To serve with your Iyan you need a stew. Here are some vegetable starters to go with Fufu Iyam:
Greens and Green Peppers
1 onion, finely chopped
1 garlic clove, finely chopped
4 hot peppers, cut into paste
2 green peppers, seeded and chopped
2 ripe tomatoes, chopped
900g leafy greens (such as spinach, cassava greens, kale, collard greens, mustard greens etc.) drained and cooked
salt, black pepper and cayenne pepper to taste
120 ml of vegetable oil
To make this Liberian dish, you need to mash onions, garlic, chillies and tomatoes together in a pestle and mortar to make a paste (you can leave out the chillies if you want).
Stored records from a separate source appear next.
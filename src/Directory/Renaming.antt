-- ===== src/Directory/Renaming.antt =====
-- `rename` (DirEntryList.cpp) and its callback.
use libcryfs.Common.{
  ℕ, zero, suc, ◌<◌, ◌≡◌, refl, ap, sym, ◌∙◌, none, some, List, [], ◌∷◌, arith, false, get_elem?,
  Bool-cases, Option-cases, inl, inr,
}
use libcryfs.Common.Equality.{◌==◌, bytes_eq}
use libcryfs.Common.Result.{Result, Error, ok, err, Result-cases}
use libcryfs.Common.Bytes.{Data, BlockId}
use libcryfs.Directory.Entry
use libcryfs.Directory.Entry.{DirEntry, Time}
use libcryfs.Directory.EntryList.{
  erase_at, replace_at, find_by_name, get_by_name, find_by_id, get_by_id, existing_by_id,
  check_rename, set_name_by_id, rename,
}
use libcryfs.Directory.Search.{lookup, get_by_id-lookup}
use libcryfs.Directory.Sorted.{IsOrdered, erase_at-IsOrdered}

-- Another entry that is erased is not seen by a search.
lookup-erase_at :
    (b : BlockId) (k : ℕ) (es : List DirEntry) (e : DirEntry)
    → get_elem? es k ≡ some e
    → (e.block_id == b) ≡ false
    → lookup b (erase_at k es) ≡ lookup b es
lookup-erase_at b zero [] e there other = absurd (cc (there))
lookup-erase_at b zero (f ∷ es) e there other = ground (arith, there, other)
lookup-erase_at b (suc k) [] e there other = absurd (cc (there))
lookup-erase_at b (suc k) (f ∷ es) e there other =
    ground (arith, lookup-erase_at b k es e there other)

module _ (start : ℕ → ℕ → ℕ) (b : BlockId) (es : List DirEntry) where
  get_by_id-existing_by_id :
      (i : ℕ) (e : DirEntry)
      → existing_by_id start b es ≡ ok (i, e)
      → get_by_id start b es ≡ ok (some e)
  unfolding existing_by_id get_by_id
  get_by_id-existing_by_id i e h = ground (arith, h)

  existing_by_id-get_by_id :
      (e : DirEntry)
      → get_by_id start b es ≡ ok (some e)
      → (i : ℕ) × (existing_by_id start b es ≡ ok (i, e))
  unfolding existing_by_id get_by_id
  existing_by_id-get_by_id e h = elim (Result-cases (find_by_id start b es)) [
    | inl (none, found) ↦ absurd (ground (arith, h, found))
    | inl (some (i, f), found) ↦ (i, ground (arith, h, found))
    | inr (thrown, failed) ↦ absurd (ground (arith, h, failed))
  ]

  check_rename-existing_by_id :
      (same : DirEntry) {passed : Unit {0}}
      → check_rename start b same es ≡ ok passed
      → (i : ℕ) × (found : DirEntry) × (existing_by_id start b es ≡ ok (i, found))
  unfolding check_rename
  check_rename-existing_by_id same h = elim (Result-cases (existing_by_id start b es)) [
    | inl ((i, found), exists) ↦ (i, found, exists)
    | inr (thrown, failed) ↦ absurd (ground (arith, h, failed))
  ]

get_elem?-get_by_name :
    (name : Data) (es : List DirEntry) (e : DirEntry)
    → get_by_name name es ≡ some e
    → get_elem? es (find_by_name name es) ≡ some e
unfolding get_by_name
get_elem?-get_by_name name es e h = h

module _ (start : ℕ → ℕ → ℕ) (starts : (b n : ℕ) → 0 < n → start b n < n) where
  -- The entry is found again when another one is erased, so that its name is set.
  set_name_by_id-erase_at :
      (b : BlockId) (name : Data) (now : Time) (k i : ℕ) (es : List DirEntry) (e found : DirEntry)
      → IsOrdered es
      → get_elem? es k ≡ some e
      → (e.block_id == b) ≡ false
      → existing_by_id start b es ≡ ok (i, found)
      → (es' : List DirEntry) × (set_name_by_id start b name now (erase_at k es) ≡ ok es')
  unfolding set_name_by_id
  set_name_by_id-erase_at b name now k i es e found ordered there other exists =
      let before = get_by_id-lookup start starts es ordered.0 b in
      let after =
        get_by_id-lookup start starts (erase_at k es) (erase_at-IsOrdered k es ordered).0 b in
      let seen : get_by_id start b (erase_at k es) ≡ ok (some found) =
        after
        ∙ ap (λ o. ok o) (lookup-erase_at b k es e there other)
        ∙ sym before
        ∙ get_by_id-existing_by_id start b es i found exists in
      let (j, again) = existing_by_id-get_by_id start b (erase_at k es) found seen in
      (replace_at j (Entry.set_name now name found) (erase_at k es), rw again refl)

  -- In a directory that is sorted by block ids, with no block id twice, a rename that throws has not
  -- called back that an entry is overwritten: the state of the callback is as it was. The callback
  -- itself does not throw, and the position where a search starts is in the list.
  pub rename-err :
      {X : Type 0} (b : BlockId) (name : Data) (now : Time)
      (on_overwritten : BlockId → X → Result (Unit {0}) × X) (x : X) (es : List DirEntry)
      (thrown : Error)
      → IsOrdered es
      → ((a : BlockId) (y : X) → (on_overwritten a y).0 ≡ ok tt)
      → (rename start b name now on_overwritten x es).0 ≡ err thrown
      → rename start b name now on_overwritten x es ≡ (err thrown, x)
  unfolding rename
  rename-err b name now on_overwritten x es thrown ordered returns h =
      elim (Option-cases (get_by_name name es)) [
        | inl absent ↦ ground (arith, absent, h)
        | inr (same, there) ↦ elim (Bool-cases (same.block_id == b)) [
          | inl itself ↦ ground (arith, there, itself, h)
          | inr other ↦ elim (Result-cases (check_rename start b same es)) [
            | inr (refused, failed) ↦ ground (arith, there, other, failed, h)
            | inl (passed, allowed) ↦
                let (i, found, exists) = check_rename-existing_by_id start b es same allowed in
                let (es', named) =
                  set_name_by_id-erase_at b name now (find_by_name name es) i es same found ordered
                    (get_elem?-get_by_name name es same there) other exists in
                absurd (ground (arith, there, other, allowed, returns same.block_id x, named, h))
          ]
        ]
      ]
Heat the oil in a large pot and add the remaining onion and saute for a few minutes before adding the tomato and chilli paste. Fry for a few minutes and add the vegetables and 60ml water. Reduce heat to simmer and cover. Add the peanuts and stir, season and reduce the heat as much as possible. Continue cooking and stirring until the sauce is smooth and serve with Iyan or FuFu.